• AIM OF THE TASK: Every entry that follows is to be duplicated exactly.

________________

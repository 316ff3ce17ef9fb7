-- ===== src/Rbac/Rule.antt =====
-- frontend/public/components/RBAC/edit-rule.jsx: the state of the editor of one rule of a role.
use web_ui.Base.{
  ℕ, zero, suc, Bool, true, false, not, Option, none, some, List, [], ◌∷◌, ◌++◌, any, filter, null,
  get_elem?, if◌then◌else◌,
}
use web_ui.Base.Text.{Text, codes, same_text, split, join}

-- Sets of texts, of which only the members are asked for.
abbrev pub has : List Text → Text → Bool
has set v = any (same_text v) set

abbrev pub delete : Text → List Text → List Text
delete v set = filter (λ w. not (same_text w v)) set

abbrev pub non_resource_verbs : List Text
non_resource_verbs = codes "get" ∷ codes "post" ∷ codes "put" ∷ codes "delete" ∷ []

abbrev pub read_verbs : List Text
read_verbs = codes "get" ∷ codes "list" ∷ codes "proxy" ∷ codes "redirect" ∷ codes "watch" ∷ []

abbrev pub all_verbs : List Text
all_verbs =
    read_verbs
    ++ (codes "create"
        ∷ codes "delete"
        ∷ codes "deletecollection"
        ∷ codes "patch"
        ∷ codes "post"
        ∷ codes "put"
        ∷ codes "update"
        ∷ [])

unfoldable pub api_verbs : List Text
api_verbs = filter (λ v. not (has non_resource_verbs v)) all_verbs

pub data VerbControl : Type 0 where
  read_only every_verb custom_verbs : VerbControl

pub data ResourceControl : Type 0 where
  safe every_resource non_resource custom_resources : ResourceControl

pub record Rule : Type 0 where
  pub verbs : List Text
  pub resources : Option (List Text)
  pub api_groups : Option (List Text)
  pub non_resource_urls : Option (List Text)

pub record EditRule : Type 0 where
  pub verb_control : VerbControl
  pub resource_control : ResourceControl
  pub verbs_set : List Text
  pub resource_set : List Text
  pub non_resource_urls : Text
  pub api_groups : Text

unfoldable pub new_rule : EditRule
new_rule = record {
  verb_control = read_only;
  resource_control = safe;
  verbs_set = [];
  resource_set = [];
  non_resource_urls = [];
  api_groups = codes "*";
}

abbrev pub star : Text
star = codes "*"

-- The loop over the verbs or resources of a rule, which a star does not end.
unfoldable pub load_names : Bool × List Text → List Text → Bool × List Text
load_names s [] = s
load_names s (v ∷ vs) = load_names (if same_text v star then (true, s.1) else (s.0, v ∷ s.1)) vs

abbrev pub or_none : Option (List Text) → List Text
or_none none = []
or_none (some vs) = vs

abbrev pub comma_space : Text
comma_space = codes ", "

abbrev pub joined_or_empty : Option (List Text) → Text
joined_or_empty none = []
joined_or_empty (some vs) = join comma_space vs

unfoldable pub load_rule : Rule → EditRule
load_rule r =
    let verbs = load_names (false, []) r.verbs in
    let resources = load_names (false, []) (or_none r.resources) in
    record {
      verb_control = if verbs.0 then every_verb else custom_verbs;
      resource_control = if resources.0 then every_resource else custom_resources;
      verbs_set = verbs.1;
      resource_set = resources.1;
      non_resource_urls = joined_or_empty r.non_resource_urls;
      api_groups = joined_or_empty r.api_groups;
    }

-- The rule of the number in the address; without one, or without such a rule, the state stays.
unfoldable pub get_resource : Option ℕ → List Rule → EditRule → EditRule
get_resource none rules s = s
get_resource (some n) rules s = at_place (get_elem? rules n)
  where
    at_place : Option Rule → EditRule
    at_place none = s
    at_place (some r) = load_rule r

unfoldable pub verb_selected : VerbControl → List Text → Text → Bool
verb_selected custom_verbs set v = has set v
verb_selected read_only set v = has read_verbs v
verb_selected every_verb set v = true

unfoldable pub is_verb_selected : EditRule → Text → Bool
is_verb_selected s v = verb_selected s.verb_control s.verbs_set v

module _ (admin_resources : List Text) where
  unfoldable pub resource_selected : ResourceControl → List Text → Text → Bool
  resource_selected custom_resources set r = has set r
  resource_selected safe set r = not (has admin_resources r)
  resource_selected non_resource set r = false
  resource_selected every_resource set r = true

  unfoldable pub is_resource_selected : EditRule → Text → Bool
  is_resource_selected s r = resource_selected s.resource_control s.resource_set r

abbrev pub toggled : Text → Bool → List Text → List Text
toggled v selected set = if selected then v ∷ set else delete v set

-- The set that the toggle starts from.
unfoldable pub verbs_to_toggle : EditRule → VerbControl → List Text
verbs_to_toggle s custom_verbs = s.verbs_set
verbs_to_toggle s c = filter (is_verb_selected s) all_verbs

unfoldable pub toggle_verb : Text → Bool → EditRule → EditRule
toggle_verb v selected s = record {
  verb_control = custom_verbs;
  resource_control = s.resource_control;
  verbs_set = toggled v selected (verbs_to_toggle s s.verb_control);
  resource_set = s.resource_set;
  non_resource_urls = s.non_resource_urls;
  api_groups = s.api_groups;
}

-- With the resources of the cluster, of which there are none before they are loaded.
module _ (admin_resources all_resources : List Text) where
  unfoldable pub resources_to_toggle : EditRule → ResourceControl → List Text
  resources_to_toggle s custom_resources = s.resource_set
  resources_to_toggle s c = filter (is_resource_selected admin_resources s) all_resources

  unfoldable pub toggle_resource : Text → Bool → EditRule → EditRule
  toggle_resource r selected s = record {
    verb_control = s.verb_control;
    resource_control = custom_resources;
    verbs_set = s.verbs_set;
    resource_set = toggled r selected (resources_to_toggle s s.resource_control);
    non_resource_urls = s.non_resource_urls;
    api_groups = s.api_groups;
  }

  abbrev pub saved_verbs : EditRule → VerbControl → List Text
  saved_verbs s every_verb = star ∷ []
  saved_verbs s c = filter (is_verb_selected s) all_verbs

  abbrev pub saved_resources : EditRule → ResourceControl → List Text
  saved_resources s every_resource = star ∷ []
  saved_resources s c = filter (is_resource_selected admin_resources s) all_resources

  -- The rule that is saved.
  unfoldable pub to_rule : EditRule → Rule
  to_rule s = record {
    verbs = saved_verbs s s.verb_control;
    resources = some (saved_resources s s.resource_control);
    api_groups = some (if null s.api_groups then [] ∷ [] else split b',' s.api_groups);
    non_resource_urls =
        some (if null s.non_resource_urls then [] else split b',' s.non_resource_urls);
  }

unfoldable pub set_non_resource_url : Text → EditRule → EditRule
set_non_resource_url urls s = record {
  verb_control = s.verb_control;
  resource_control = non_resource;
  verbs_set = s.verbs_set;
  resource_set = s.resource_set;
  non_resource_urls = urls;
  api_groups = s.api_groups;
}

unfoldable pub set_api_groups_text : Text → EditRule → EditRule
set_api_groups_text groups s = record {
  verb_control = s.verb_control;
  resource_control = s.resource_control;
  verbs_set = s.verbs_set;
  resource_set = s.resource_set;
  non_resource_urls = s.non_resource_urls;
  api_groups = groups;
}

-- `role.rules[this.props.rule] = rule`, or `push`. A place behind the end would leave holes, and is `none`.
unfoldable pub put_rule : Option ℕ → Rule → List Rule → Option (List Rule)
put_rule none r rules = some (rules ++ r ∷ [])
put_rule (some zero) r [] = some (r ∷ [])
put_rule (some zero) r (old ∷ rules) = some (r ∷ rules)
put_rule (some (suc n)) r [] = none
put_rule (some (suc n)) r (old ∷ rules) = kept (put_rule (some n) r rules)
  where
    kept : Option (List Rule) → Option (List Rule)
    kept none = none
    kept (some rest) = some (old ∷ rest)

________________

• YOUR SOLUTION:
repository 316ff3ce17ef9fb7
-- ===== src/Rbac/Rule.antt =====
-- frontend/public/components/RBAC/edit-rule.jsx: the state of the editor of one rule of a role.
use web_ui.Base.{
  ℕ, zero, suc, Bool, true, false, not, Option, none, some, List, [], ◌∷◌, ◌++◌, any, filter, null,
  get_elem?, if◌then◌else◌,
}
use web_ui.Base.Text.{Text, codes, same_text, split, join}

-- Sets of texts, of which only the members are asked for.
abbrev pub has : List Text → Text → Bool
has set v = any (same_text v) set

abbrev pub delete : Text → List Text → List Text
delete v set = filter (λ w. not (same_text w v)) set

abbrev pub non_resource_verbs : List Text
non_resource_verbs = codes "get" ∷ codes "post" ∷ codes "put" ∷ codes "delete" ∷ []

abbrev pub read_verbs : List Text
read_verbs = codes "get" ∷ codes "list" ∷ codes "proxy" ∷ codes "redirect" ∷ codes "watch" ∷ []

abbrev pub all_verbs : List Text
all_verbs =
    read_verbs
    ++ (codes "create"
        ∷ codes "delete"
        ∷ codes "deletecollection"
        ∷ codes "patch"
        ∷ codes "post"
        ∷ codes "put"
        ∷ codes "update"
        ∷ [])

unfoldable pub api_verbs : List Text
api_verbs = filter (λ v. not (has non_resource_verbs v)) all_verbs

pub data VerbControl : Type 0 where
  read_only every_verb custom_verbs : VerbControl

pub data ResourceControl : Type 0 where
  safe every_resource non_resource custom_resources : ResourceControl

pub record Rule : Type 0 where
  pub verbs : List Text
  pub resources : Option (List Text)
  pub api_groups : Option (List Text)
  pub non_resource_urls : Option (List Text)

pub record EditRule : Type 0 where
  pub verb_control : VerbControl
  pub resource_control : ResourceControl
  pub verbs_set : List Text
  pub resource_set : List Text
  pub non_resource_urls : Text
  pub api_groups : Text

unfoldable pub new_rule : EditRule
new_rule = record {
  verb_control = read_only;
  resource_control = safe;
  verbs_set = [];
  resource_set = [];
  non_resource_urls = [];
  api_groups = codes "*";
}

abbrev pub star : Text
star = codes "*"

-- The loop over the verbs or resources of a rule, which a star does not end.
unfoldable pub load_names : Bool × List Text → List Text → Bool × List Text
load_names s [] = s
load_names s (v ∷ vs) = load_names (if same_text v star then (true, s.1) else (s.0, v ∷ s.1)) vs

abbrev pub or_none : Option (List Text) → List Text
or_none none = []
or_none (some vs) = vs

abbrev pub comma_space : Text
comma_space = codes ", "

abbrev pub joined_or_empty : Option (List Text) → Text
joined_or_empty none = []
joined_or_empty (some vs) = join comma_space vs

unfoldable pub load_rule : Rule → EditRule
load_rule r =
    let verbs = load_names (false, []) r.verbs in
    let resources = load_names (false, []) (or_none r.resources) in
    record {
      verb_control = if verbs.0 then every_verb else custom_verbs;
      resource_control = if resources.0 then every_resource else custom_resources;
      verbs_set = verbs.1;
      resource_set = resources.1;
      non_resource_urls = joined_or_empty r.non_resource_urls;
      api_groups = joined_or_empty r.api_groups;
    }

-- The rule of the number in the address; without one, or without such a rule, the state stays.
unfoldable pub get_resource : Option ℕ → List Rule → EditRule → EditRule
get_resource none rules s = s
get_resource (some n) rules s = at_place (get_elem? rules n)
  where
    at_place : Option Rule → EditRule
    at_place none = s
    at_place (some r) = load_rule r

unfoldable pub verb_selected : VerbControl → List Text → Text → Bool
verb_selected custom_verbs set v = has set v
verb_selected read_only set v = has read_verbs v
verb_selected every_verb set v = true

unfoldable pub is_verb_selected : EditRule → Text → Bool
is_verb_selected s v = verb_selected s.verb_control s.verbs_set v

module _ (admin_resources : List Text) where
  unfoldable pub resource_selected : ResourceControl → List Text → Text → Bool
  resource_selected custom_resources set r = has set r
  resource_selected safe set r = not (has admin_resources r)
  resource_selected non_resource set r = false
  resource_selected every_resource set r = true

  unfoldable pub is_resource_selected : EditRule → Text → Bool
  is_resource_selected s r = resource_selected s.resource_control s.resource_set r

abbrev pub toggled : Text → Bool → List Text → List Text
toggled v selected set = if selected then v ∷ set else delete v set

-- The set that the toggle starts from.
unfoldable pub verbs_to_toggle : EditRule → VerbControl → List Text
verbs_to_toggle s custom_verbs = s.verbs_set
verbs_to_toggle s c = filter (is_verb_selected s) all_verbs

unfoldable pub toggle_verb : Text → Bool → EditRule → EditRule
toggle_verb v selected s = record {
  verb_control = custom_verbs;
  resource_control = s.resource_control;
  verbs_set = toggled v selected (verbs_to_toggle s s.verb_control);
  resource_set = s.resource_set;
  non_resource_urls = s.non_resource_urls;
  api_groups = s.api_groups;
}

-- With the resources of the cluster, of which there are none before they are loaded.
module _ (admin_resources all_resources : List Text) where
  unfoldable pub resources_to_toggle : EditRule → ResourceControl → List Text
  resources_to_toggle s custom_resources = s.resource_set
  resources_to_toggle s c = filter (is_resource_selected admin_resources s) all_resources

  unfoldable pub toggle_resource : Text → Bool → EditRule → EditRule
  toggle_resource r selected s = record {
    verb_control = s.verb_control;
    resource_control = custom_resources;
    verbs_set = s.verbs_set;
    resource_set = toggled r selected (resources_to_toggle s s.resource_control);
    non_resource_urls = s.non_resource_urls;
    api_groups = s.api_groups;
  }

  abbrev pub saved_verbs : EditRule → VerbControl → List Text
  saved_verbs s every_verb = star ∷ []
  saved_verbs s c = filter (is_verb_selected s) all_verbs

  abbrev pub saved_resources : EditRule → ResourceControl → List Text
  saved_resources s every_resource = star ∷ []
  saved_resources s c = filter (is_resource_selected admin_resources s) all_resources

  -- The rule that is saved.
  unfoldable pub to_rule : EditRule → Rule
  to_rule s = record {
    verbs = saved_verbs s s.verb_control;
    resources = some (saved_resources s s.resource_control);
    api_groups = some (if null s.api_groups then [] ∷ [] else split b',' s.api_groups);
    non_resource_urls =
        some (if null s.non_resource_urls then [] else split b',' s.non_resource_urls);
  }

unfoldable pub set_non_resource_url : Text → EditRule → EditRule
set_non_resource_url urls s = record {
  verb_control = s.verb_control;
  resource_control = non_resource;
  verbs_set = s.verbs_set;
  resource_set = s.resource_set;
  non_resource_urls = urls;
  api_groups = s.api_groups;
}

unfoldable pub set_api_groups_text : Text → EditRule → EditRule
set_api_groups_text groups s = record {
  verb_control = s.verb_control;
  resource_control = s.resource_control;
  verbs_set = s.verbs_set;
  resource_set = s.resource_set;
  non_resource_urls = s.non_resource_urls;
  api_groups = groups;
}

-- `role.rules[this.props.rule] = rule`, or `push`. A place behind the end would leave holes, and is `none`.
unfoldable pub put_rule : Option ℕ → Rule → List Rule → Option (List Rule)
put_rule none r rules = some (rules ++ r ∷ [])
put_rule (some zero) r [] = some (r ∷ [])
put_rule (some zero) r (old ∷ rules) = some (r ∷ rules)
put_rule (some (suc n)) r [] = none
put_rule (some (suc n)) r (old ∷ rules) = kept (put_rule (some n) r rules)
  where
    kept : Option (List Rule) → Option (List Rule)
    kept none = none
    kept (some rest) = some (old ∷ rest)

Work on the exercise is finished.